Despite its initial promise, concerning signs that some Asian Carp had made it through eventually emerged. In 2010, a bighead carp was caught only six miles from Lake Michigan. A 2012 study detected environmental DNA or eDNA, genetic material that is expelled into the environment, from Asian Carp in Lake Erie. The next year, eDNA was found in Lake Michigan, near Green Bay, Wisconsin. By 2014, eDNA from either silver or bighead carp had been found in the Kalamazoo River in Michigan, indicating that Asian Carp had invaded waterways upstream of the Great Lakes. Today, there are sporadic indications of Asian Carp living in the Great Lakes, but no signs of a large, established population. This year, an additional electric barrier is set to be constructed in the CSSC, to help catch any fish that make it past the original boundaries.
What makes Asian carp a harmful invasive?
The fact that Asian Carp are big eaters causes big problems. Grass carp can drastically reduce the number of aquatic weeds used for native fish habitats. Additionally, their waste can introduce nutrients into the water, causing algal growth and decreased oxygen levels. Black carp feast on mussels and snails, some of which are threatened or endangered species. Decreasing the supply of these organisms can also negatively impact mammals, such as otters and muskrats, that depend on them for food. Similarly, by consuming vast quantities of plankton, silver carp and bighead carp can harm the mollusks and native fish species that feed on them. This could in turn affect native waterfowl that rely on these fish species for sustenance. Furthermore, Asian Carp are explosive breeders and can quickly fill up a lake, crowding out native fish and using up resources. They are notorious for their ability to leap out of the water when disturbed by watercraft, or even at random, which can pose a risk of injury to humans using invaded waterways for recreation. The invasion of Asian carp would also create substantial economic loss for fishermen, for whom the Great Lakes generate billions annually.

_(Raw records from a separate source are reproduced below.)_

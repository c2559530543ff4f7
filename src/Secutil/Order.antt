-- ===== src/Secutil/Order.antt =====
-- The order in which privileges are given up.
use dragonsunited_minecraft.Base.{
  ℕ, Bool, true, false, not, ◌&&◌, List, [], ◌∷◌, Option, none, some, ◌==◌, if◌then◌else◌, ◌≡◌, ◌⊎◌,
  inl, inr, refl, ap, arith, Bytes, Bool-cases,
}
use dragonsunited_minecraft.Run.{Run, ok, stop, bug, ◌>>=◌, die_if}
use dragonsunited_minecraft.Privops.Sockets.Allowed.{OrDies, bind-OrDies}
use dragonsunited_minecraft.Str.Text.{str_isempty}
use dragonsunited_minecraft.Secutil.{
  Options, Step, initgroups, clear_supp_groups, setegid, seteuid, seteuid_numeric, setegid_numeric,
  chdir, chroot, set_no_fds, set_no_procs, adopt_capabilities, keep_capabilities, setgid, setuid,
  System, perform, perform_if, lower, raise, enter_extra, enter, become, give_up, credentials,
  or_home, vsf_secutil_change_credentials,
}
use dragonsunited_minecraft.Secutil.Standing.{
  step-At, at_start, after, standing, legal, AllLegal, At, Standing,
}

module _ (y : System) where
  perform-At :
      (c : Step) (s : Standing) (cs : List Step)
      → legal c s ≡ true
      → At s cs
      → OrDies (At (after c s)) (perform y c cs)
  perform-At c s cs h a = elim (Bool-cases (y.succeeds cs c)) [
    | inl e ↦ inr (c ∷ cs, rw e refl, step-At c s cs h a)
    | inr e ↦ inl (rw e refl)
  ]

  perform_if-At :
      (b : Bool) (c : Step) (s : Standing) (cs : List Step)
      → legal c s ≡ true
      → At s cs
      → OrDies (At (if b then after c s else s)) (perform_if y b c cs)
  perform_if-At true c s cs h a = perform-At c s cs h a
  perform_if-At false c s cs h a = inr (cs, refl, a)

  -- A standing with the groups given up.
  abbrev inside : Bool → Bool → Standing
  inside low jail = record {
    groups = true;
    lowered = low;
    jailed = jail;
    group_set = false;
    user_set = false;
  }

  lower-At :
      (b : Bool) (cs : List Step)
      → At (inside false false) cs
      → OrDies (At (inside b false)) (lower y b cs)
  unfolding lower legal after
  lower-At true cs a =
      bind-OrDies (perform y setegid cs) _ (perform-At setegid (inside false false) cs refl a)
        (λ cs' a'. perform-At seteuid (inside false false) cs' refl a')
  lower-At false cs a = inr (cs, refl, a)

  raise-At :
      (b : Bool) (cs : List Step)
      → At (inside b false) cs
      → OrDies (At (inside false false)) (raise y b cs)
  unfolding raise legal after
  raise-At true cs a =
      bind-OrDies (perform y seteuid_numeric cs) _
        (perform-At seteuid_numeric (inside true false) cs refl a)
        (λ cs' a'. perform-At setegid_numeric (inside false false) cs' refl a')
  raise-At false cs a = inr (cs, refl, a)

  extra-At :
      (b jail : Bool) (d : Option Bytes) (cs : List Step)
      → At (inside b false) cs
      → OrDies (At (inside b false)) (enter_extra y jail d cs)
  unfolding enter_extra
  extra-At b jail none cs a = inr (cs, refl, a)
  extra-At b jail (some d) cs a = elim (Bool-cases (str_isempty d)) [
    | inl e ↦ rw e (inr (cs, refl, a))
    | inr e ↦ elim (Bool-cases (not (y.succeeds cs (chdir d)) && jail)) [
      | inl f ↦ inl (rw (e, f) refl)
      | inr f ↦ inr (
        chdir d ∷ cs,
        rw (e, f) refl,
        (unfold legal after in step-At (chdir d) (inside b false) cs refl a),
      )
    ]
  ]

  -- Who a process is at the end: the user, in the jail if there is one; or root with its groups
  -- given up, which only happens for capabilities that the system does not have for others.
  abbrev pub GivenUp : ℕ → Options → Standing → Type 0
  GivenUp caps options s =
      (s.groups ≡ true)
      × (s.lowered ≡ false)
      × (s.jailed ≡ options.chroot)
      × (((s.group_set ≡ true) × (s.user_set ≡ true))
          ⊎ (((caps == 0) ≡ false)
              × ((y.has_capabilities && y.has_capabilities_as_non_root) ≡ false)))

  -- The process has made its calls in a legal order, and stands as it should.
  abbrev pub Done : ℕ → Options → List Step → Type 0
  Done caps options cs = AllLegal cs × GivenUp caps options (standing cs)

  groups-At :
      (b : Bool)
      → OrDies
          (At (inside false false))
          (perform y (if b then initgroups else clear_supp_groups) [])
  unfolding legal after
  groups-At true = perform-At initgroups at_start [] refl (unfold standing in refl, tt)
  groups-At false = perform-At clear_supp_groups at_start [] refl (unfold standing in refl, tt)

  jail-At :
      (b : Bool) (cs : List Step)
      → At (inside false false) cs
      → OrDies (At (inside false b)) (perform_if y b chroot cs)
  unfolding legal after
  jail-At true cs a = perform-At chroot (inside false false) cs refl a
  jail-At false cs a = inr (cs, refl, a)

  chdir-At :
      (b : Bool) (d : Bytes) (cs : List Step)
      → At (inside b false) cs
      → OrDies (At (inside b false)) (perform y (chdir d) cs)
  unfolding legal after
  chdir-At b d cs a = perform-At (chdir d) (inside b false) cs refl a

  enter-At :
      (options : Options) (dir : Bytes) (ext_dir : Option Bytes)
      → OrDies (At (inside false options.chroot)) (enter y options dir ext_dir [])
  unfolding enter
  enter-At options dir ext_dir =
      bind-OrDies (perform y (if options.use_groups then initgroups else clear_supp_groups) []) _
        (groups-At options.use_groups)
        (λ cs1 a1.
          bind-OrDies (lower y options.change_euid cs1) _ (lower-At options.change_euid cs1 a1)
            (λ cs2 a2.
              bind-OrDies (perform y (chdir dir) cs2) _ (chdir-At options.change_euid dir cs2 a2)
                (λ cs3 a3.
                  bind-OrDies (enter_extra y options.chroot ext_dir cs3) _
                    (extra-At options.change_euid options.chroot ext_dir cs3 a3)
                    (λ cs4 a4.
                      bind-OrDies (raise y options.change_euid cs4) _
                        (raise-At options.change_euid cs4 a4)
                        (λ cs5 a5. jail-At options.chroot cs5 a5)))))

  -- The user's identity, in a jail or not.
  abbrev as_user : Bool → Bool → Standing
  as_user jail done = record {
    groups = true;
    lowered = false;
    jailed = jail;
    group_set = true;
    user_set = done;
  }

  -- A step that changes nothing of the standing and is always legal.
  keep-At :
      (b jail : Bool) (cs : List Step)
      → At (inside false jail) cs
      → OrDies (At (inside false jail)) (perform_if y b keep_capabilities cs)
  unfolding legal after
  keep-At true jail cs a = perform-At keep_capabilities (inside false jail) cs refl a
  keep-At false jail cs a = inr (cs, refl, a)

  adopt-At :
      (b : Bool) (caps : ℕ) (s : Standing) (cs : List Step)
      → At s cs
      → OrDies (At s) (perform_if y b (adopt_capabilities caps) cs)
  unfolding legal after
  adopt-At true caps s cs a = perform-At (adopt_capabilities caps) s cs refl a
  adopt-At false caps s cs a = inr (cs, refl, a)

  limit-At :
      (b : Bool) (s : Standing) (cs : List Step)
      → At s cs
      → OrDies (At s) (perform_if y b set_no_procs cs)
  unfolding legal after
  limit-At true s cs a = perform-At set_no_procs s cs refl a
  limit-At false s cs a = inr (cs, refl, a)

  fds-At :
      (b : Bool) (s : Standing) (cs : List Step)
      → At s cs
      → OrDies (At s) (perform_if y b set_no_fds cs)
  unfolding legal after
  fds-At true s cs a = perform-At set_no_fds s cs refl a
  fds-At false s cs a = inr (cs, refl, a)

  checked :
      (b : Bool) (s : Standing) (cs : List Step)
      → At s cs
      → OrDies (At s) (die_if b >>= λ ignored. ok cs)
  checked true s cs a = inl refl
  checked false s cs a = inr (cs, refl, a)

  become-At :
      (wants : Bool) (caps : ℕ) (options : Options) (cs : List Step)
      → At (inside false options.chroot) cs
      → OrDies (At (as_user options.chroot true)) (become y wants caps options cs)
  unfolding become legal after
  become-At wants caps options cs a =
      let jail = options.chroot in
      bind-OrDies (perform_if y wants keep_capabilities cs) _ (keep-At wants jail cs a) (λ cs1 a1.
        bind-OrDies (perform y setgid cs1) _ (perform-At setgid (inside false jail) cs1 refl a1)
          (λ cs2 a2.
            bind-OrDies (perform y setuid cs2) _
              (perform-At setuid (as_user jail false) cs2 refl a2)
              (λ cs3 a3.
                bind-OrDies (perform_if y wants (adopt_capabilities caps) cs3) _
                  (adopt-At wants caps (as_user jail true) cs3 a3)
                  (λ cs4 a4.
                    bind-OrDies (perform_if y options.no_procs set_no_procs cs4) _
                      (limit-At options.no_procs (as_user jail true) cs4 a4)
                      (λ cs5 a5.
                        checked (jail && y.write_access cs5) (as_user jail true) cs5 a5)))))

  Done-user :
      (caps : ℕ) (options : Options) (cs : List Step)
      → At (as_user options.chroot true) cs
      → Done caps options cs
  Done-user caps options cs (e, all) = (
    all,
    (
      ap (λ s. s.groups) e,
      ap (λ s. s.lowered) e,
      ap (λ s. s.jailed) e,
      inl (ap (λ s. s.group_set) e, ap (λ s. s.user_set) e),
    ),
  )

  Done-root :
      (caps : ℕ) (options : Options) (cs : List Step)
      → (caps == 0) ≡ false
      → (y.has_capabilities && y.has_capabilities_as_non_root) ≡ false
      → At (inside false options.chroot) cs
      → Done caps options cs
  Done-root caps options cs h k (e, all) =
      (all, (ap (λ s. s.groups) e, ap (λ s. s.lowered) e, ap (λ s. s.jailed) e, inr (h, k)))

  weaken :
      {P Q : List Step → Type 0} (r : Run (List Step))
      → OrDies P r
      → ((cs : List Step) → P cs → Q cs)
      → OrDies Q r
  weaken r (inl e) f = inl e
  weaken r (inr (cs, e, p)) f = inr (cs, e, f cs p)

  wanted : (b : Bool) → not b ≡ true → b ≡ false
  wanted true e = absurd (ground arith)
  wanted false e = refl

  -- With capabilities wanted or not, and what the system has of them.
  by_capabilities :
      (wants has others : Bool) (caps : ℕ) (options : Options) (cs : List Step)
      → At (inside false options.chroot) cs
      → ((cs' : List Step)
          → wants ≡ true
          → (has && others) ≡ false
          → At (inside false options.chroot) cs'
          → Done caps options cs')
      → OrDies (Done caps options) (
          if wants && not has
          then ok cs
          else if wants && not others
          then perform y (adopt_capabilities caps) cs
          else become y wants caps options cs)
  by_capabilities false has others caps options cs a root =
      weaken (become y false caps options cs) (become-At false caps options cs a)
        (Done-user caps options)
  by_capabilities true false others caps options cs a root = inr (cs, refl, root cs refl refl a)
  by_capabilities true true false caps options cs a root =
      weaken (perform y (adopt_capabilities caps) cs)
        (adopt-At true caps (inside false options.chroot) cs a) (λ cs' a'. root cs' refl refl a')
  by_capabilities true true true caps options cs a root =
      weaken (become y true caps options cs) (become-At true caps options cs a)
        (Done-user caps options)

  give_up-Done :
      (caps : ℕ) (options : Options) (cs : List Step)
      → At (inside false options.chroot) cs
      → OrDies (Done caps options) (give_up y caps options cs)
  unfolding give_up
  give_up-Done caps options cs0 a0 =
      let jail = inside false options.chroot in
      bind-OrDies (perform_if y options.no_fds set_no_fds cs0) _ (fds-At options.no_fds jail cs0 a0)
        (λ cs a.
          by_capabilities (not (caps == 0)) y.has_capabilities y.has_capabilities_as_non_root caps
            options cs a (λ cs' e f a'. Done-root caps options cs' (wanted (caps == 0) e) f a'))

  credentials-Done :
      (home dir ext_dir : Option Bytes) (caps : ℕ) (options : Options)
      → OrDies (Done caps options) (credentials y home dir ext_dir caps options)
  unfolding credentials
  credentials-Done none dir ext_dir caps options = inl refl
  credentials-Done (some home) dir ext_dir caps options =
      bind-OrDies (enter y options (or_home dir home) ext_dir []) _
        (enter-At options (or_home dir home) ext_dir) (λ cs a. give_up-Done caps options cs a)

  -- However the system answers, a process that gives its privileges up ends, or has done it in a
  -- legal order: its groups first, then the jail, its group and its user last, and nothing that
  -- needs root behind that or while its effective identity is the user's. It then is that user, in
  -- the jail if one was wanted, unless it wants capabilities that the system does not have for
  -- other users than root.
  pub change_credentials-Done :
      (user : Bytes) (dir ext_dir : Option Bytes) (caps : ℕ) (options : Options)
      → ((y.running_as_root ≡ false)
          × (vsf_secutil_change_credentials y user dir ext_dir caps options ≡ stop bug))
        ⊎ OrDies
            (Done caps options)
            (vsf_secutil_change_credentials y user dir ext_dir caps options)
  unfolding vsf_secutil_change_credentials
  change_credentials-Done user dir ext_dir caps options = elim (Bool-cases y.running_as_root) [
    | inr e ↦ inl (e, rw e refl)
    | inl e ↦ inr (rw e (credentials-Done (y.getpwnam user) dir ext_dir caps options))
  ]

Where populations of the fish have exploded, local communities have adapted. Though it is not considered to be especially high quality, some fishermen are catching Asian Carp for food. Businesses have emerged that offer paying customers the chance to hunt Asian Carp by bow or shotgun. Additionally, official Asian Carp control programs are available for hire by federal agencies. It is important to remember that while humans can adapt our way of life to deal with these fish, native wildlife doesn’t always have this same ability, and that it’s up to us to protect the larger ecosystem. Since their unintentional introduction in the mid-20th century, Asian Carp have gradually spread throughout much of the waterways in the Midwest, and now pose a grave danger to the Great Lakes. In January, an 800+ million-dollar project called the Brandon Road Ecosystem Project was discussed between Michigan and Illinois to control the fish, which will include more barriers and deterrents to keep the fish out. There are uncertainties regarding the extent of problems the invaders will have on the species native to the lakes. For now, our best bet for management is continued surveys, monitoring, and hunting programs to keep our lakes and streams natural and healthy for the years to come.